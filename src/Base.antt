-- ===== src/Base.antt =====
-- What the components share of Python and of src/contract_evidence_os/base.py.
pub mod Float
pub mod Json
pub mod Exec
pub mod Text
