-- ===== src/Prelude/Lists.antt =====
-- Lists measured by native numbers, selected by Boolean tests, and predicates on them.
use Prim.Native.Nat.{ℕ, suc, ◌+◌}
use mathlib.Core.Path.{◌≡◌, refl}
use native.Mathlib.Omega.{arith}
use Prim.Native.String.{String}
use mathlib.Core.Bool.{Bool, true, false, ◌||◌, ◌&&◌}
use mathlib.Core.Option.{Option, none, some}
use mathlib.Core.List.{List, [], ◌∷◌, ◌++◌}
use text.Mathlib.Text.{◌==◌}
use contract_evidence_os.Prelude.Tests.{if◌then◌else◌, Bool-cases, ==_refl}
use mathlib.Core.Logic.{inl, inr}

module _ {ℓ} {A : Type ℓ} where
  abbrev pub length : List A → ℕ
  length [] = 0
  length (x ∷ xs) = suc (length xs)

  -- `[x for x in xs if p(x)]`
  unfoldable pub select : (A → Bool) → List A → List A
  select p [] = []
  select p (x ∷ xs) = let rest = select p xs in if p x then x ∷ rest else rest

  -- `any(p(x) for x in xs)`
  unfoldable pub any : (A → Bool) → List A → Bool
  any p [] = false
  any p (x ∷ xs) = p x || any p xs

  -- `all(p(x) for x in xs)`
  unfoldable pub all : (A → Bool) → List A → Bool
  all p [] = true
  all p (x ∷ xs) = p x && all p xs

  abbrev pub head? : List A → Option A
  head? [] = none
  head? (x ∷ xs) = some x

  -- `xs[-1]`
  abbrev pub last? : List A → Option A
  last? [] = none
  last? (x ∷ []) = some x
  last? (x ∷ y ∷ ys) = last? (y ∷ ys)

  abbrev pub All {κ} : (A → Type κ) → List A → Type κ
  All P [] = Unit
  All P (x ∷ xs) = P x × All P xs

  pub All-append {κ} : (P : A → Type κ) (xs ys : List A) → All P xs → All P ys → All P (xs ++ ys)
  All-append P [] ys hx hy = hy
  All-append P (x ∷ xs) ys hx hy = (hx.0, All-append P xs ys hx.1 hy)

  pub All-map {κ μ} :
      {P : A → Type κ} {Q : A → Type μ} (f : (a : A) → P a → Q a) (xs : List A)
      → All P xs
      → All Q xs
  All-map f [] h = tt
  All-map f (x ∷ xs) h = (f x h.0, All-map f xs h.1)

  pub All-tabulate {κ} : (P : A → Type κ) (f : (a : A) → P a) (xs : List A) → All P xs
  All-tabulate P f [] = tt
  All-tabulate P f (x ∷ xs) = (f x, All-tabulate P f xs)

  pub All-select {κ} :
      (P : A → Type κ) (p : A → Bool) (xs : List A) → All P xs → All P (select p xs)
  unfolding select
  All-select P p [] h = tt
  All-select P p (x ∷ xs) (hx, h) =
      elim (p x) as (λ b. All P (if b then x ∷ select p xs else select p xs)) [
        | true ↦ (hx, All-select P p xs h)
        | false ↦ All-select P p xs h
      ]

pub length-append {ℓ} : {A : Type ℓ} (xs ys : List A) → length (xs ++ ys) ≡ length xs + length ys
length-append [] ys = omega arith
length-append (x ∷ xs) ys = omega (arith, length-append xs ys)

-- `sum(f(x) for x in xs)`
unfoldable pub sum_of {ℓ} : {A : Type ℓ} → (A → ℕ) → List A → ℕ
sum_of f [] = 0
sum_of f (x ∷ xs) = f x + sum_of f xs

-- `k in xs`, for a list of strings.
unfoldable pub contains : String → List String → Bool
contains k [] = false
contains k (x ∷ xs) = x == k || contains k xs

-- `d.get(k)`, for a dict with string keys.
unfoldable pub dict_get {ℓ} : {V : Type ℓ} → String → List (String × V) → Option V
dict_get k [] = none
dict_get k ((j, v) ∷ m) = if j == k then some v else dict_get k m

-- `d[k] = v`
unfoldable pub dict_set {ℓ} : {V : Type ℓ} → String → V → List (String × V) → List (String × V)
dict_set k v [] = (k, v) ∷ []
dict_set k v ((j, u) ∷ m) =
    let rest = dict_set k v m in if j == k then (j, v) ∷ m else (j, u) ∷ rest

pub dict_get-dict_set {ℓ} :
    {V : Type ℓ} (k : String) (v : V) (m : List (String × V)) → dict_get k (dict_set k v m) ≡ some v
unfolding dict_get dict_set
dict_get-dict_set k v [] = rw (==_refl k) refl
dict_get-dict_set k v ((j, u) ∷ m) = elim (Bool-cases (j == k)) [
  | inl t ↦ rw (t, dict_get, t) refl
  | inr f ↦ rw (f, dict_get, f) (dict_get-dict_set k v m)
]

○ ○ ○ ○ ○

→ Work to complete: Write the listing out again, exactly as shown above.

→ Task solution:
filename src/Base.antt
-- ===== src/Base.antt =====
-- What the components share of Python and of src/contract_evidence_os/base.py.
pub mod Float
pub mod Json
pub mod Exec
pub mod Text
-- ===== src/Prelude/Lists.antt =====
-- Lists measured by native numbers, selected by Boolean tests, and predicates on them.
use Prim.Native.Nat.{ℕ, suc, ◌+◌}
use mathlib.Core.Path.{◌≡◌, refl}
use native.Mathlib.Omega.{arith}
use Prim.Native.String.{String}
use mathlib.Core.Bool.{Bool, true, false, ◌||◌, ◌&&◌}
use mathlib.Core.Option.{Option, none, some}
use mathlib.Core.List.{List, [], ◌∷◌, ◌++◌}
use text.Mathlib.Text.{◌==◌}
use contract_evidence_os.Prelude.Tests.{if◌then◌else◌, Bool-cases, ==_refl}
use mathlib.Core.Logic.{inl, inr}

module _ {ℓ} {A : Type ℓ} where
  abbrev pub length : List A → ℕ
  length [] = 0
  length (x ∷ xs) = suc (length xs)

  -- `[x for x in xs if p(x)]`
  unfoldable pub select : (A → Bool) → List A → List A
  select p [] = []
  select p (x ∷ xs) = let rest = select p xs in if p x then x ∷ rest else rest

  -- `any(p(x) for x in xs)`
  unfoldable pub any : (A → Bool) → List A → Bool
  any p [] = false
  any p (x ∷ xs) = p x || any p xs

  -- `all(p(x) for x in xs)`
  unfoldable pub all : (A → Bool) → List A → Bool
  all p [] = true
  all p (x ∷ xs) = p x && all p xs

  abbrev pub head? : List A → Option A
  head? [] = none
  head? (x ∷ xs) = some x

  -- `xs[-1]`
  abbrev pub last? : List A → Option A
  last? [] = none
  last? (x ∷ []) = some x
  last? (x ∷ y ∷ ys) = last? (y ∷ ys)

  abbrev pub All {κ} : (A → Type κ) → List A → Type κ
  All P [] = Unit
  All P (x ∷ xs) = P x × All P xs

  pub All-append {κ} : (P : A → Type κ) (xs ys : List A) → All P xs → All P ys → All P (xs ++ ys)
  All-append P [] ys hx hy = hy
  All-append P (x ∷ xs) ys hx hy = (hx.0, All-append P xs ys hx.1 hy)

  pub All-map {κ μ} :
      {P : A → Type κ} {Q : A → Type μ} (f : (a : A) → P a → Q a) (xs : List A)
      → All P xs
      → All Q xs
  All-map f [] h = tt
  All-map f (x ∷ xs) h = (f x h.0, All-map f xs h.1)

  pub All-tabulate {κ} : (P : A → Type κ) (f : (a : A) → P a) (xs : List A) → All P xs
  All-tabulate P f [] = tt
  All-tabulate P f (x ∷ xs) = (f x, All-tabulate P f xs)

  pub All-select {κ} :
      (P : A → Type κ) (p : A → Bool) (xs : List A) → All P xs → All P (select p xs)
  unfolding select
  All-select P p [] h = tt
  All-select P p (x ∷ xs) (hx, h) =
      elim (p x) as (λ b. All P (if b then x ∷ select p xs else select p xs)) [
        | true ↦ (hx, All-select P p xs h)
        | false ↦ All-select P p xs h
      ]

pub length-append {ℓ} : {A : Type ℓ} (xs ys : List A) → length (xs ++ ys) ≡ length xs + length ys
length-append [] ys = omega arith
length-append (x ∷ xs) ys = omega (arith, length-append xs ys)

-- `sum(f(x) for x in xs)`
unfoldable pub sum_of {ℓ} : {A : Type ℓ} → (A → ℕ) → List A → ℕ
sum_of f [] = 0
sum_of f (x ∷ xs) = f x + sum_of f xs

-- `k in xs`, for a list of strings.
unfoldable pub contains : String → List String → Bool
contains k [] = false
contains k (x ∷ xs) = x == k || contains k xs

-- `d.get(k)`, for a dict with string keys.
unfoldable pub dict_get {ℓ} : {V : Type ℓ} → String → List (String × V) → Option V
dict_get k [] = none
dict_get k ((j, v) ∷ m) = if j == k then some v else dict_get k m

-- `d[k] = v`
unfoldable pub dict_set {ℓ} : {V : Type ℓ} → String → V → List (String × V) → List (String × V)
dict_set k v [] = (k, v) ∷ []
dict_set k v ((j, u) ∷ m) =
    let rest = dict_set k v m in if j == k then (j, v) ∷ m else (j, u) ∷ rest

pub dict_get-dict_set {ℓ} :
    {V : Type ℓ} (k : String) (v : V) (m : List (String × V)) → dict_get k (dict_set k v m) ≡ some v
unfolding dict_get dict_set
dict_get-dict_set k v [] = rw (==_refl k) refl
dict_get-dict_set k v ((j, u) ∷ m) = elim (Bool-cases (j == k)) [
  | inl t ↦ rw (t, dict_get, t) refl
  | inr f ↦ rw (f, dict_get, f) (dict_get-dict_set k v m)
]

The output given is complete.